Styles didn’t say a word.
“It’s not a mystery, Mr. Styles—”
“Denver. You’ll be seeing a lot of me. No reason to keep tripping over names.” A half smile, a false grin meant to disarm and encourage her to keep talking tugged at his lips, but those gray eyes never warmed to her, never so much as flickered with a touch of understanding. “I suppose your sisters would repeat, nearly word for word, the same story.”
“It’s not a story,” Tessa interjected with a toss of her head.

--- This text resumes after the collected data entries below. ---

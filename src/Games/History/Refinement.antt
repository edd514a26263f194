-- ===== src/Games/History/Refinement.antt =====
-- The step history against the log of the steps: an agent's row holds the last of its own records.
use native.Mathlib.Nat.{mod-add-mod, mod-eq_of_lt, mod-lt}
use rs_social_simulation_too.Prelude.{ℕ, ◌+◌, ◌*◌, ◌%◌, ◌≤◌, ◌<◌, min, ◌≡◌, refl, sym, ◌∙◌, ap}
use rs_social_simulation_too.Prelude.{arith, true, false, ◌==◌, if◌then◌else◌, Bool-cases, inl, inr}
use rs_social_simulation_too.Prelude.{
  Option, none, some, List, [], ◌∷◌, ◌++◌, length, get_elem?, if_true, if_false,
}
use rs_social_simulation_too.Prelude.{length-append, get_elem?_total, get_elem?-append_left}
use rs_social_simulation_too.Prelude.{
  get_elem?-append_last, slots_differ, ==→≡, ==→≢, length-replicate,
}
use rs_social_simulation_too.Games.History.{StepRecord, StepHistory, new, commit, record_step}
use rs_social_simulation_too.Prelude.{All, subst}
use rs_social_simulation_too.Core.{AgentId}
use rs_social_simulation_too.Games.History.{then_rows}
use rs_social_simulation_too.Games.History.{len}
use rs_social_simulation_too.Games.History.Slots.{slot, filled_records, written-HasRows}

module _ {A F : Type 0} where
  -- An element that is there, before the others.
  abbrev pub put_first : Option (StepRecord A F) → List (StepRecord A F) → List (StepRecord A F)
  put_first none xs = xs
  put_first (some x) xs = x ∷ xs

  -- The records of one agent in a log of steps.
  abbrev pub column : AgentId → List (List (StepRecord A F)) → List (StepRecord A F)
  column agent [] = []
  column agent (xs ∷ log) = put_first (get_elem? xs agent) (column agent log)

  column_last :
      (agent : AgentId) (log : List (List (StepRecord A F))) (xs : List (StepRecord A F))
      (x : StepRecord A F)
      → get_elem? xs agent ≡ some x
      → column agent (log ++ (xs ∷ [])) ≡ column agent log ++ (x ∷ [])
  column_last agent [] xs x h = rw h refl
  column_last agent (ys ∷ log) xs x h =
      rw (column_last agent log xs x h) (front (get_elem? ys agent))
    where
      front :
          (y : Option (StepRecord A F))
          → put_first y (column agent log ++ (x ∷ [])) ≡ put_first y (column agent log) ++ (x ∷ [])
      front none = refl
      front (some y) = refl

  pub record Holds (n len : ℕ) (h : StepHistory A F) (log : List (List (StepRecord A F)))
      : Type 0 where
    pub agents : h.n_agents ≡ n
    pub slots : h.history_len ≡ len
    pub size : length h.data_ ≡ h.n_agents * h.history_len
    pub head : h.head ≡ length log % h.history_len
    pub filled : h.filled ≡ min (length log) h.history_len
    pub rows : (a : AgentId) → a < h.n_agents → length (column a log) ≡ length log
    pub kept :
        (a i : ℕ)
        → a < h.n_agents
        → i < length log
        → length log ≤ i + h.history_len
        → slot h a (i % h.history_len) ≡ get_elem? (column a log) i

  pub new-Holds : (nil : F) (n len : ℕ) → 0 < len → Holds n len (new nil n len) []
  unfolding new
  new-Holds nil n len pos = record {
    agents = refl;
    slots = refl;
    size = length-replicate (n * len) _;
    head = sym (mod-eq_of_lt pos);
    filled = omega arith;
    rows = λ a k. refl;
    kept = λ a i h k. absurd (omega arith);
  }

  -- The slot that is written reads as the new record, each other one as before.
  slot_read :
      (slots steps i head : ℕ) (col : List (StepRecord A F)) (x : StepRecord A F)
      (old got : Option (StepRecord A F))
      → length col ≡ steps
      → head ≡ steps % slots
      → i < steps + 1
      → steps + 1 ≤ i + slots
      → got ≡ some x
      → (i < steps → old ≡ get_elem? col i)
      → (if i % slots == head then got else old) ≡ get_elem? (col ++ (x ∷ [])) i
  slot_read slots steps i head col x old got size at_head below above is_x kept =
      elim (Bool-cases (steps == i)) [
        | inl e ↦
            let newest : steps ≡ i = ==→≡ steps i e in
            let here : (i % slots == head) ≡ true =
              ground (arith, at_head, ap (λ (j : ℕ). j % slots) newest) in
            if_true _ _ here ∙ is_x ∙ sym (get_elem?-append_last col x i (omega arith))
        | inr e ↦
            let before : i < steps = omega (arith, ==→≢ steps i e) in
            let away : (i % slots == head) ≡ false = elim (Bool-cases (i % slots == head)) [
              | inl same ↦
                  absurd (slots_differ slots i steps before (omega arith) (==→≡ _ _ same ∙ at_head))
              | inr other ↦ other
            ] in
            if_false _ _ away
            ∙ kept before
            ∙ sym (get_elem?-append_left col (x ∷ []) i (omega arith))
      ]

  pub record_step-Holds :
      (n len : ℕ) (h : StepHistory A F) (log : List (List (StepRecord A F)))
      (xs : List (StepRecord A F)) (seats : List (AgentId × Option A))
      → 0 < len
      → Holds n len h log
      → length xs ≡ n
      → All (λ (seat : AgentId × Option A). seat.0 < n) seats
      → (h' : StepHistory A F) × (record_step h xs seats ≡ some h')
        × Holds n len h' (log ++ (filled_records xs seats ∷ []))
  unfolding record_step commit
  record_step-Holds n len h log xs seats pos holds all known =
      let slots = h.history_len in
      let ys = filled_records xs seats in
      let at_least : 0 < slots = omega (arith, holds.slots) in
      let inside : h.head < slots = omega (arith, holds.head, mod-lt (length log) at_least) in
      let seated : All (λ (seat : AgentId × Option A). seat.0 < h.n_agents) seats =
        subst (λ (k : ℕ). All (λ (seat : AgentId × Option A). seat.0 < k) seats) (sym holds.agents)
          known in
      let (d, written, size, rows, has) =
        written-HasRows h xs seats inside holds.size (all ∙ sym holds.agents) seated in
      let longer : length (log ++ (ys ∷ [])) ≡ length log + 1 = length-append log (ys ∷ []) in
      let some_slot : (slots == 0) ≡ false = ground arith in
      (
        record h { data_ = d; head = (h.head + 1) % slots; filled = min (h.filled + 1) slots },
        ap (λ (v : Option (StepHistory A F)). then_rows v commit) written ∙ if_false _ _ some_slot,
        record {
          agents = holds.agents;
          slots = holds.slots;
          size = size;
          head =
              ap (λ (k : ℕ). (k + 1) % slots) holds.head
              ∙ mod-add-mod (length log) slots 1
              ∙ ap (λ (k : ℕ). k % slots) (sym longer);
          filled = omega (arith, holds.filled, longer);
          rows = λ a k.
              let (x, at_a) = get_elem?_total ys a (omega (arith, rows)) in
              ap length (column_last a log ys x at_a)
              ∙ length-append (column a log) (x ∷ [])
              ∙ ap (λ (j : ℕ). j + 1) (holds.rows a k)
              ∙ sym longer;
          kept = λ a i k l m.
              let (x, at_a) = get_elem?_total ys a (omega (arith, rows)) in
              has a (i % slots) k (mod-lt i at_least)
              ∙ slot_read slots (length log) i h.head (column a log) x (slot h a (i % slots))
                  (get_elem? ys a) (holds.rows a k) holds.head (omega (arith, longer))
                  (omega (arith, longer)) at_a
                  (λ before. holds.kept a i k before (omega (arith, longer)))
              ∙ ap (λ (c : List (StepRecord A F)). get_elem? c i)
                  (sym (column_last a log ys x at_a));
        },
      )
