-- ===== src/Games/History/Told.antt =====
-- What the history is told of an agent: its record of each step, with the action that its seats give it.
use rs_social_simulation_too.Prelude.{◌≡◌, refl, sym, ◌∙◌, ap, false, true, ◌==◌, if◌then◌else◌}
use rs_social_simulation_too.Prelude.{Option, none, some, List, [], ◌∷◌, get_elem?, ==→≡}
use rs_social_simulation_too.Prelude.{Bool-cases, Option-cases, inl, inr, if_true, if_false}
use rs_social_simulation_too.Prelude.{get_elem?-set, get_elem?_bound}
use rs_social_simulation_too.Core.{AgentId}
use rs_social_simulation_too.Games.History.{StepRecord, fill, or_else}
use rs_social_simulation_too.Games.History.Slots.{set_filled, filled_records}
use rs_social_simulation_too.Games.History.Refinement.{column, put_first}

module _ {A : Type 0} where
  -- The action of the first seat of the agent that has one.
  abbrev pub first_action : AgentId → List (AgentId × Option A) → Option A
  first_action agent [] = none
  first_action agent ((a, none) ∷ seats) = first_action agent seats
  first_action agent ((a, some action) ∷ seats) =
      if a == agent then some action else first_action agent seats

  -- An action that the record has already stays.
  abbrev pub kept_action : Option A → Option A → Option A
  kept_action none seated = seated
  kept_action (some own) seated = some own

  -- A seat of another agent changes nothing.
  first_action_others :
      (agent a : AgentId) (action : Option A) (seats : List (AgentId × Option A))
      → (a == agent) ≡ false
      → first_action agent ((a, action) ∷ seats) ≡ first_action agent seats
  first_action_others agent a none seats h = refl
  first_action_others agent a (some x) seats h = if_false _ _ h

module _ {A F : Type 0} where
  abbrev pub told_step :
      Option A → Option (StepRecord A F) → List (StepRecord A F) → List (StepRecord A F)
  told_step seated none rest = rest
  told_step seated (some r) rest = record r { action = kept_action r.action seated } ∷ rest

  -- The records of an agent in the steps, each a row of records and the seats with their actions.
  abbrev pub told :
      AgentId → List (List (StepRecord A F) × List (AgentId × Option A)) → List (StepRecord A F)
  told agent [] = []
  told agent ((xs, seats) ∷ steps) =
      told_step (first_action agent seats) (get_elem? xs agent) (told agent steps)

  -- The records of the steps, with the actions filled in by the loop over the seats.
  abbrev pub written_steps :
      List (List (StepRecord A F) × List (AgentId × Option A)) → List (List (StepRecord A F))
  written_steps [] = []
  written_steps (p ∷ steps) = filled_records p.0 p.1 ∷ written_steps steps

  abbrev acted : Option A → Option (StepRecord A F) → Option (StepRecord A F)
  acted seated none = none
  acted seated (some r) = some (record r { action = kept_action r.action seated })

  acted-none : (o : Option (StepRecord A F)) → o ≡ acted none o
  acted-none none = refl
  acted-none (some r) =
      ap (λ (x : Option A). some (record r { action = x })) (sym (kept_none r.action))
    where
      kept_none : (own : Option A) → kept_action own none ≡ own
      kept_none none = refl
      kept_none (some x) = refl

  -- A seat of the agent itself comes before the later ones.
  acted-fill :
      (agent a : AgentId) (action : Option A) (seats : List (AgentId × Option A))
      (r : StepRecord A F)
      → (a == agent) ≡ true
      → acted (first_action agent seats) (some (fill action r))
        ≡ acted (first_action agent ((a, action) ∷ seats)) (some r)
  acted-fill agent a none seats r h =
      ap (λ (x : Option A). some (record r { action = x })) (none_filled r.action)
    where
      none_filled :
          (own : Option A)
          → kept_action (or_else own none) (first_action agent seats)
            ≡ kept_action own (first_action agent seats)
      none_filled none = refl
      none_filled (some x) = refl
  acted-fill agent a (some action) seats r h =
      ap (λ (x : Option A). some (record r { action = x }))
        (some_filled r.action
          ∙ ap (kept_action r.action) (sym (if_true (some action) (first_action agent seats) h)))
    where
      some_filled :
          (own : Option A)
          → kept_action (or_else own (some action)) (first_action agent seats)
            ≡ kept_action own (some action)
      some_filled none = refl
      some_filled (some x) = refl

  one_seat :
      (agent : AgentId) (seat : AgentId × Option A) (seats : List (AgentId × Option A))
      (xs : List (StepRecord A F))
      → acted
          (first_action agent seats)
          (get_elem? (set_filled xs seat.0 seat.1 (get_elem? xs seat.0)) agent)
        ≡ acted (first_action agent (seat ∷ seats)) (get_elem? xs agent)
  one_seat agent (a, action) seats xs = elim (Option-cases (get_elem? xs a)) [
    | inl e ↦
        ap
          (λ (o : Option (StepRecord A F)).
            acted (first_action agent seats) (get_elem? (set_filled xs a action o) agent))
          e
        ∙ elim (Bool-cases (a == agent)) [
          | inl same ↦
              let none_there : get_elem? xs agent ≡ none =
                ap (get_elem? xs) (sym (==→≡ a agent same)) ∙ e in
              ap (acted (first_action agent seats)) none_there
              ∙ sym (ap (acted (first_action agent ((a, action) ∷ seats))) none_there)
          | inr differ ↦
              ap (λ (o : Option A). acted o (get_elem? xs agent))
                (sym (first_action_others agent a action seats differ))
        ]
    | inr (r, e) ↦
        let bound = get_elem?_bound xs a r e in
        ap
          (λ (o : Option (StepRecord A F)).
            acted (first_action agent seats) (get_elem? (set_filled xs a action o) agent))
          e
        ∙ ap (acted (first_action agent seats)) (get_elem?-set xs a agent (fill action r) bound)
        ∙ elim (Bool-cases (a == agent)) [
          | inl same ↦
              let there : get_elem? xs agent ≡ some r =
                ap (get_elem? xs) (sym (==→≡ a agent same)) ∙ e in
              ap (acted (first_action agent seats)) (if_true _ _ same)
              ∙ acted-fill agent a action seats r same
              ∙ sym (ap (acted (first_action agent ((a, action) ∷ seats))) there)
          | inr differ ↦
              ap (acted (first_action agent seats)) (if_false _ _ differ)
              ∙ ap (λ (o : Option A). acted o (get_elem? xs agent))
                  (sym (first_action_others agent a action seats differ))
        ]
  ]

  filled_records-acted :
      (agent : AgentId) (xs : List (StepRecord A F)) (seats : List (AgentId × Option A))
      → get_elem? (filled_records xs seats) agent
        ≡ acted (first_action agent seats) (get_elem? xs agent)
  filled_records-acted agent xs [] = acted-none (get_elem? xs agent)
  filled_records-acted agent xs (seat ∷ seats) =
      filled_records-acted agent (set_filled xs seat.0 seat.1 (get_elem? xs seat.0)) seats
      ∙ one_seat agent seat seats xs

  -- What is written of an agent is what is told of it.
  pub column-told :
      (agent : AgentId) (steps : List (List (StepRecord A F) × List (AgentId × Option A)))
      → column agent (written_steps steps) ≡ told agent steps
  column-told agent [] = refl
  column-told agent ((xs, seats) ∷ steps) =
      ap (λ (o : Option (StepRecord A F)). put_first o (column agent (written_steps steps)))
        (filled_records-acted agent xs seats)
      ∙ first (get_elem? xs agent) (column-told agent steps)
    where
      first :
          (o : Option (StepRecord A F))
          → column agent (written_steps steps) ≡ told agent steps
          → put_first (acted (first_action agent seats) o) (column agent (written_steps steps))
            ≡ told_step (first_action agent seats) o (told agent steps)
      first none e = e
      first (some r) e =
          ap (◌∷◌ (record r { action = kept_action r.action (first_action agent seats) })) e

“No one saw you at the drive-in.” His dark eyebrows drew together, as if he were deep in thought. “Isn’t that strange considering that you three are pretty high-profile, what with being from one of the wealthiest families in the area?”
“We didn’t talk to anyone.”
“No? Not even in the snack bar?”
“There wasn’t a lot of people there. It was right before the drive-in theater closed for good.”
“We took our own sodas,” Claire said, her voice thin.
He rubbed his chin. “And you didn’t get out of the car for what? Three or four hours? Not even to use the ladies’ room?”
“I don’t think so,” Miranda replied before Claire could say anything else and get them all into bigger trouble.
“That’s pretty unbelievable, don’t you think?”
Her voice was calm, smooth as glass. “That’s the way it was. Obviously there were a lot of other cars there, families and teenagers, but none around us that I recognized. As I told the sheriff’s department a long time ago, there was a white station wagon with wood on the side—I don’t know the make—with a family of kids, parked next to us. The space on the other side of my car was empty. In front of us was a pickup—dark-colored with a bank of spotlights stretched across the cab, and other than that I don’t remember any other vehicle.”
“And you were driving a black Camaro.”
“That’s right. It was totaled later that night. Just because no one the police spoke with that night had seen us doesn’t mean there wasn’t someone there who had. They just didn’t look hard enough.”
“The guy who sold tickets didn’t remember your car.”
“He was probably stoned. His memory wasn’t all that great. If you read his deposition you’ll see that he hardly knew the names of the movies that were playing.” Her fists clenched and she had to force her fingers to straighten. If she’d learned anything in her years as a lawyer, it was how to hide emotion when necessary, how to bring it to the surface when needed. Right now the less knowledge Denver Styles scraped up about her and that hellish night, the better.
Dutch winced as he stood, then rubbed his knee. “The reason the police didn’t find out much that night is because I bought ’em off.”
“Dad, don’t,” she warned, incredulous even though he had already alluded to tampering with the investigation. To what lengths would her father go to get his way?